NET INFO: I've got a Linksys wireless access point/router between my computer and the DSL connection. I've got my net config set so the router's local IP address is the gateway, and no luck. I've tried it without a gateway, and still the same result. 

giFT INFO: My libOpenFT.so is in /usr/lib/giFT (exact location specified in gift.conf), port settings are default.

Any ideas?

----------

## cram

You've probably already done this, but I have this habit of forgetting to re-run gift-setup after my upgrades.

----------

## OdinsDream

Where did you get a list of giFT nodes? I installed the program, and read the documentation available on the site, but I can't seem to figure out where you get a list of nodes, or a node to connect to?

----------

## KungFuHamster

Done that, too.
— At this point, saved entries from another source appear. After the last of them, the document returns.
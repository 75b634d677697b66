-- ===== src/Store/Checked.antt =====
-- The exceptions of the store, and blocks of calls that may raise them. A block stays shut in a
-- proof, so that `bind-elim` reads off its first call.
use codex_ralph_vault_loop.Base.{◌≡◌, refl, Bool, true, false}
use codex_ralph_vault_loop.Python.{Result, ok, err, require}

-- `SchemaError` and its two kinds, `StoreError` and its two kinds, `CorruptRecordError`,
-- `StorePathError` and `StoreIOError`; the errors of a conversion, and of a variable that has no
-- value yet.
pub data StoreError : Type 0 where
  schema future_schema red_content store idempotency integrity corrupt unsafe_path io conversion
        unbound_local :
      StoreError

-- `except CorruptRecordError`
unfoldable pub is_corrupt : StoreError → Bool
is_corrupt corrupt = true
is_corrupt e = false

abbrev pub Checked : Type 0 → Type 0
Checked A = Result StoreError A

infixl 5 ◌>>=◌ ◌>>◌
unfoldable pub ◌>>=◌ : {A B : Type 0} → Checked A → (A → Checked B) → Checked B
ok x >>= next = next x
err raised >>= next = err raised

abbrev pub ◌>>◌ : {A B : Type 0} → Checked A → Checked B → Checked B
first >> second = first >>= λ _. second

-- A block that returned: its first call did, and so did the rest.
pub bind-elim {ι} :
    {A B : Type 0} {P : Type ι} {call : Checked A} {next : A → Checked B} {y : B}
    → ((call >>= next) ≡ ok y)
    → ((x : A) → (call ≡ ok x) → (next x ≡ ok y) → P)
    → P
unfolding ◌>>=◌
bind-elim {call = ok x} e rule = rule x refl e
bind-elim {call = err raised} e rule = cc

pub require-elim :
    {x : Unit {0}} (error : StoreError) (test : Bool)
    → ◌≡◌ {A = Checked (Unit {0})} (require test error) (ok x)
    → test ≡ true
require-elim error true e = refl
require-elim error false e = cc

-- A check that holds is passed.
pub require-pass :
    {B : Type 0} (error : StoreError) (test : Bool) (rest : Checked B)
    → test ≡ true
    → (require test error >> rest) ≡ rest
unfolding ◌>>=◌
require-pass error true rest e = refl
require-pass error false rest e = cc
No dice.

----------

## cram

 *Quote:*   

>  Where did you get a list of giFT nodes? 

 

~/.giFT/OpenFT/nodes

----------

## KungFuHamster

Fixed it!

The problem was that giFT won't use libOpenFT.so unless it's in the default directory, so I just made a nice little link and it's working fine now. Yay me!

----------

## digitalnick

im not havign trouble gettin search returns in gift but it never seems to dl any files this is on my gf puter so i dont check it very often but i queued se veral files ... either the gift network dosnt seem to be very large or something else is wrong ... i get few returns and the returns i have gotten so far .. no dl :9 any ideas?

----------

## darktux

 *digitalnick wrote:*   

> im not havign trouble gettin search returns in gift but it never seems to dl any files this is on my gf puter so i dont check it very often but i queued se veral files ... either the gift network dosnt seem to be very large or something else is wrong ... i get few returns and the returns i have gotten so far .. no dl :9 any ideas?

 

Check gift's logs, and try to keep always a recent version.

----------

## OdinsDream

 *cram wrote:*   

>  *Quote:*    Where did you get a list of giFT nodes?  
> 
> ~/.giFT/OpenFT/nodes

 

odinsdream@p2c2e odinsdream $ cd .giFT

bash: cd: .giFT: No such file or directory

odinsdream@p2c2e odinsdream $

----------

## darktux

 *OdinsDream wrote:*   

>  *cram wrote:*    *Quote:*    Where did you get a list of giFT nodes?  
> 
> ~/.giFT/OpenFT/nodes 
> 
> odinsdream@p2c2e odinsdream $ cd .giFT
> ...

 

Did you ran gift's setup?  :Wink:   What about giFt itself?

----------

## MaGNuS_Z

 *KungFuHamster wrote:*   

> Fixed it!
> 
> The problem was that giFT won't use libOpenFT.so unless it's in the default directory, so I just made a nice little link and it's working fine now. Yay me!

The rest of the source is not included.